Exercise aim – Which lines run from the one containing "then lex_destroy mils" to the end of the entries? Quote them exactly, and nothing else.

Dataset records –
■ ■ ■ ■ ■

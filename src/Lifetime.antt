-- ===== src/Lifetime.antt =====
-- The creation and the release of a gdbwire in src/gdbwire.c, of its parser in
-- src/gdbwire_mi_parser.c and of the parser's buffer in src/gdbwire_string.c, with the addresses of
-- their blocks and the releases on the error paths. The scanner and the push parser's state are of
-- generated code: how they are created and released is a parameter.
pub mod Apart
pub mod Grown
pub mod Buffer
pub mod Balance
use gdbwire.Base.{
  ℕ, suc, Bool, true, false, Option, none, some, List, [], ◌∷◌, Mem, ◌==◌, if◌then◌else◌,
}
use gdbwire.Release.{Address, Allocated, Release, ◌then◌, nothing, read, free, free_text}

-- What is allocated, an address from which on nothing is, and the answers to coming allocations.
pub record Heap : Type 0 where
  pub live : Allocated
  pub fresh : Address
  pub answers : Mem

-- A function that may allocate: its result, or undefined behaviour.
abbrev pub H : Type 0 → Type 0
H A = Heap → Option (A × Heap)

abbrev pub with_block : Address → Allocated → Allocated
with_block a live b = if b == a then true else live b

-- A block at a new address, and the coming answers.
abbrev pub new_block : Heap → Mem → Option (Option Address × Heap)
new_block h mem =
    some (
      some h.fresh,
      record { live = with_block h.fresh h.live; fresh = suc h.fresh; answers = mem },
    )

abbrev pub next_answer : Heap → Mem → Option (Option Address × Heap)
next_answer h [] = new_block h []
next_answer h (true ∷ mem) = new_block h mem
next_answer h (false ∷ mem) = some (none, record h { answers = mem })

-- `calloc` and `malloc`, and `realloc` of NULL
unfoldable pub calloc : H (Option Address)
calloc h = next_answer h h.answers

-- A release, and then the result NULL.
abbrev pub cleaned : {B : Type 0} → Release → H (Option B)
cleaned f h = elim (f h.live) [ none ↦ none | some live1 ↦ some (none, record h { live = live1 }) ]

abbrev pub continued :
    {A B : Type 0}
    → Release
    → (A → H (Option B))
    → Option (Option A × Heap)
    → Option (Option B × Heap)
continued f k none = none
continued f k (some (none, h)) = cleaned f h
continued f k (some (some a, h)) = k a h

-- Where `m` gives NULL, the release `f` is made and NULL is returned.
abbrev pub allocating : {A B : Type 0} → H (Option A) → Release → (A → H (Option B)) → H (Option B)
allocating m f k h = continued f k (m h)

-- `struct gdbwire_string`
pub record StringAt : Type 0 where
  pub address : Address
  pub bytes : Option Address

-- `gdbwire_string_destroy`
unfoldable pub string_destroy : Option StringAt → Release
string_destroy none = nothing
string_destroy (some s) =
    read s.address then free_text s.bytes then read s.address then free s.address

-- `gdbwire_string_create`: to append "" allocates the bytes, at first.
unfoldable pub string_create : H (Option StringAt)
unfolding calloc string_destroy
string_create = allocating calloc nothing λ a.
    allocating calloc (string_destroy (some (record { address = a; bytes = none })))
      λ d h. some (some (record { address = a; bytes = some d }), h)

-- The blocks of an object of generated code.
abbrev pub Blocks : Type 0
Blocks = List Address

-- `struct gdbwire_mi_parser`
pub record ParserAt : Type 0 where
  pub address : Address
  pub buffer : Option StringAt
  pub mils : Option Blocks
  pub mipst : Option Blocks

-- `struct gdbwire`
pub record WireAt : Type 0 where
  pub address : Address
  pub parser : ParserAt

-- A member that is not NULL is released.
abbrev pub given : (Blocks → Release) → Option Blocks → Release
given f none = nothing
given f (some xs) = f xs

module _ (lex_init pstate_new : H (Option Blocks))
    (lex_destroy pstate_delete : Blocks → Release) where
  -- `gdbwire_mi_parser_create`; the flag says that the callback is not NULL
  unfoldable pub parser_create_at : Bool → H (Option ParserAt)
  unfolding calloc string_create string_destroy
  parser_create_at callback = allocating calloc nothing λ parser.
      allocating string_create (free parser) λ buffer.
        allocating lex_init (string_destroy (some buffer) then free parser) λ mils.
          allocating pstate_new
            (lex_destroy mils then string_destroy (some buffer) then free parser)
            λ mipst.
              if callback
              then (λ h. some (
                some (record {
                  address = parser;
                  buffer = some buffer;
                  mils = some mils;
                  mipst = some mipst;
                }),
                h,
              ))
              else cleaned (
                  pstate_delete mipst
                  then lex_destroy mils
                  then string_destroy (some buffer)
                  then free parser)

  -- `gdbwire_create`
  unfoldable pub wire_create_at : H (Option WireAt)
  unfolding calloc parser_create_at
  wire_create_at = allocating calloc nothing λ a.
      allocating (parser_create_at true) (free a)
        λ p h. some (some (record { address = a; parser = p }), h)

module _ (lex_destroy pstate_delete : Blocks → Release) where
  -- `gdbwire_mi_parser_destroy`
  unfoldable pub parser_destroy : Option ParserAt → Release
  unfolding string_destroy
  parser_destroy none = nothing
  parser_destroy (some p) =
      read p.address
      then string_destroy p.buffer
      then read p.address
      then given lex_destroy p.mils
      then read p.address
      then given pstate_delete p.mipst
      then free p.address

  -- `gdbwire_destroy`
  unfoldable pub wire_destroy : Option WireAt → Release
  unfolding parser_destroy
  wire_destroy none = nothing
  wire_destroy (some w) = read w.address then parser_destroy (some w.parser) then free w.address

■ ■ ■ ■ ■

Expected answer –
                  then lex_destroy mils
                  then string_destroy (some buffer)
                  then free parser)

  -- `gdbwire_create`
  unfoldable pub wire_create_at : H (Option WireAt)
  unfolding calloc parser_create_at
  wire_create_at = allocating calloc nothing λ a.
      allocating (parser_create_at true) (free a)
        λ p h. some (some (record { address = a; parser = p }), h)

module _ (lex_destroy pstate_delete : Blocks → Release) where
  -- `gdbwire_mi_parser_destroy`
  unfoldable pub parser_destroy : Option ParserAt → Release
  unfolding string_destroy
  parser_destroy none = nothing
  parser_destroy (some p) =
      read p.address
      then string_destroy p.buffer
      then read p.address
      then given lex_destroy p.mils
      then read p.address
      then given pstate_delete p.mipst
      then free p.address

  -- `gdbwire_destroy`
  unfoldable pub wire_destroy : Option WireAt → Release
  unfolding parser_destroy
  wire_destroy none = nothing
  wire_destroy (some w) = read w.address then parser_destroy (some w.parser) then free w.address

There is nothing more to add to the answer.